Prompt — Please take the records that follow and repeat exactly the lines starting with the line with "validated p token (err" and going on through the line with "discovered cfg (bad_status".

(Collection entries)
▬▬▬▬▬▬▬▬▬▬
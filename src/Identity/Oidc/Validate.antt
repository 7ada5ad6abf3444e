-- ===== src/Identity/Oidc/Validate.antt =====
-- crates/identity/src/oidc.rs: `OidcProvider::validate` and `OidcProvider::connect`.
use mcp_oxide.Prelude.{String, ◌||◌, Option, none, some, is_none, [], ◌∷◌, if◌then◌else◌}
use mcp_oxide.Text.{format, is_empty}
use mcp_oxide.Core.Error.{Error, unauthenticated, upstream_unavailable, internal, Result, ok, err}
use mcp_oxide.Core.Identity.{UserContext}
use mcp_oxide.Core.Providers.{IdProvider}
use mcp_oxide.Identity.Jwt.{algorithm_text, Header, Jsonwebtoken, user_of}
use mcp_oxide.Identity.Oidc.{
  OidcConfig, DiscoveryDoc, CachedKey, Fetch, fetched, not_sent, bad_status, bad_json, Net,
  OidcProvider, OidcState, contains_algorithm, discovery_url, same_issuer, refresh_keys_inner,
  lookup, cache_stale, make_validation,
}

module _ {K N : Type 0} (jwt : Jsonwebtoken K) (http : Net N) where
  -- the cache as it is, or refreshed once where the key is missing or the cache is stale; the
  -- result of the refresh is dropped
  unfoldable pub maybe_refreshed : OidcProvider → Header → OidcState K N → OidcState K N
  maybe_refreshed p header st =
      if is_none (lookup jwt http st header.kid header.alg) || cache_stale jwt http p st
      then (refresh_keys_inner jwt http p st).1
      else st

  abbrev kid_text : Option String → String
  kid_text none = "None"
  kid_text (some id) = format ("Some(" ∷ http.debug id ∷ ")" ∷ [])

  abbrev checked : OidcProvider → String → Header → Option (CachedKey K) → Result Error UserContext
  checked p token header none =
      err (
        unauthenticated
          (format ("jwt: unknown signing key (kid=" ∷ kid_text header.kid ∷ ")" ∷ [])))
  checked p token header (some key) =
      user_of p.cfg.extractor
        (jwt.decode token key.decoding (make_validation jwt http p header.alg))

  abbrev validated :
      OidcProvider
      → String
      → Result String Header
      → OidcState K N
      → Result Error UserContext × OidcState K N
  validated p token (err e) st = (err (unauthenticated (format ("jwt header: " ∷ e ∷ []))), st)
  validated p token (ok header) st =
      let st' = maybe_refreshed p header st in
      let answer = checked p token header (lookup jwt http st' header.kid header.alg) in
      if contains_algorithm p.cfg.algorithms header.alg then (answer, st') else (
        err (
            unauthenticated
              (format ("jwt: algorithm " ∷ algorithm_text header.alg ∷ " not allowed" ∷ []))),
        st,
      )

  unfoldable pub validate :
      OidcProvider → String → OidcState K N → Result Error UserContext × OidcState K N
  validate p token st = validated p token (jwt.decode_header token) st

  abbrev with_keys :
      OidcProvider
      → Result Error (Unit {0}) × OidcState K N
      → Result Error OidcProvider × OidcState K N
  with_keys p (ok done, st) = (ok p, st)
  with_keys p (err e, st) = (err e, st)

  abbrev pub discovered :
      OidcConfig → Fetch DiscoveryDoc × N → Result Error OidcProvider × OidcState K N
  discovered cfg (fetched disc, net) =
      let p : OidcProvider = record { cfg = cfg; jwks_uri = disc.jwks_uri; issuer = disc.issuer } in
      let filled =
        with_keys p (refresh_keys_inner jwt http p (record { cache = none; net = net })) in
      if same_issuer disc.issuer cfg.issuer then filled else (
        err (
            internal (
              format (
                "oidc issuer mismatch: configured=" ∷ cfg.issuer ∷ " discovered=" ∷ disc.issuer
                ∷ []))),
        record { cache = none; net = net },
      )
  discovered cfg (not_sent e, net) = (
    err (upstream_unavailable (format ("oidc discovery: " ∷ e ∷ []))),
    record { cache = none; net = net },
  )
  discovered cfg (bad_status e, net) = (
    err (upstream_unavailable (format ("oidc discovery: " ∷ e ∷ []))),
    record { cache = none; net = net },
  )
  discovered cfg (bad_json e, net) = (
    err (internal (format ("oidc discovery parse: " ∷ e ∷ []))),
    record { cache = none; net = net },
  )

  abbrev pub client_built :
      OidcConfig → Result String (Unit {0}) → N → Result Error OidcProvider × OidcState K N
  client_built cfg (err e) net =
      (err (internal (format ("oidc http client: " ∷ e ∷ []))), record { cache = none; net = net })
  client_built cfg (ok done) net =
      discovered cfg (http.get_discovery (discovery_url cfg.issuer) net)

  unfoldable pub connect : OidcConfig → N → Result Error OidcProvider × OidcState K N
  connect cfg net =
      let built = client_built cfg (http.build_client cfg.http_timeout) net in
      if is_empty cfg.issuer
      then (err (internal "oidc: empty issuer"), record { cache = none; net = net })
      else built

  -- the provider as it answers in a state
  abbrev pub oidc_provider : OidcProvider → OidcState K N → IdProvider
  oidc_provider p st = record { validate = λ token. (validate p token st).0 }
▬▬▬▬▬▬▬▬▬▬
Solution to this exercise —
  validated p token (err e) st = (err (unauthenticated (format ("jwt header: " ∷ e ∷ []))), st)
  validated p token (ok header) st =
      let st' = maybe_refreshed p header st in
      let answer = checked p token header (lookup jwt http st' header.kid header.alg) in
      if contains_algorithm p.cfg.algorithms header.alg then (answer, st') else (
        err (
            unauthenticated
              (format ("jwt: algorithm " ∷ algorithm_text header.alg ∷ " not allowed" ∷ []))),
        st,
      )

  unfoldable pub validate :
      OidcProvider → String → OidcState K N → Result Error UserContext × OidcState K N
  validate p token st = validated p token (jwt.decode_header token) st

  abbrev with_keys :
      OidcProvider
      → Result Error (Unit {0}) × OidcState K N
      → Result Error OidcProvider × OidcState K N
  with_keys p (ok done, st) = (ok p, st)
  with_keys p (err e, st) = (err e, st)

  abbrev pub discovered :
      OidcConfig → Fetch DiscoveryDoc × N → Result Error OidcProvider × OidcState K N
  discovered cfg (fetched disc, net) =
      let p : OidcProvider = record { cfg = cfg; jwks_uri = disc.jwks_uri; issuer = disc.issuer } in
      let filled =
        with_keys p (refresh_keys_inner jwt http p (record { cache = none; net = net })) in
      if same_issuer disc.issuer cfg.issuer then filled else (
        err (
            internal (
              format (
                "oidc issuer mismatch: configured=" ∷ cfg.issuer ∷ " discovered=" ∷ disc.issuer
                ∷ []))),
        record { cache = none; net = net },
      )
  discovered cfg (not_sent e, net) = (
    err (upstream_unavailable (format ("oidc discovery: " ∷ e ∷ []))),
    record { cache = none; net = net },
  )
  discovered cfg (bad_status e, net) = (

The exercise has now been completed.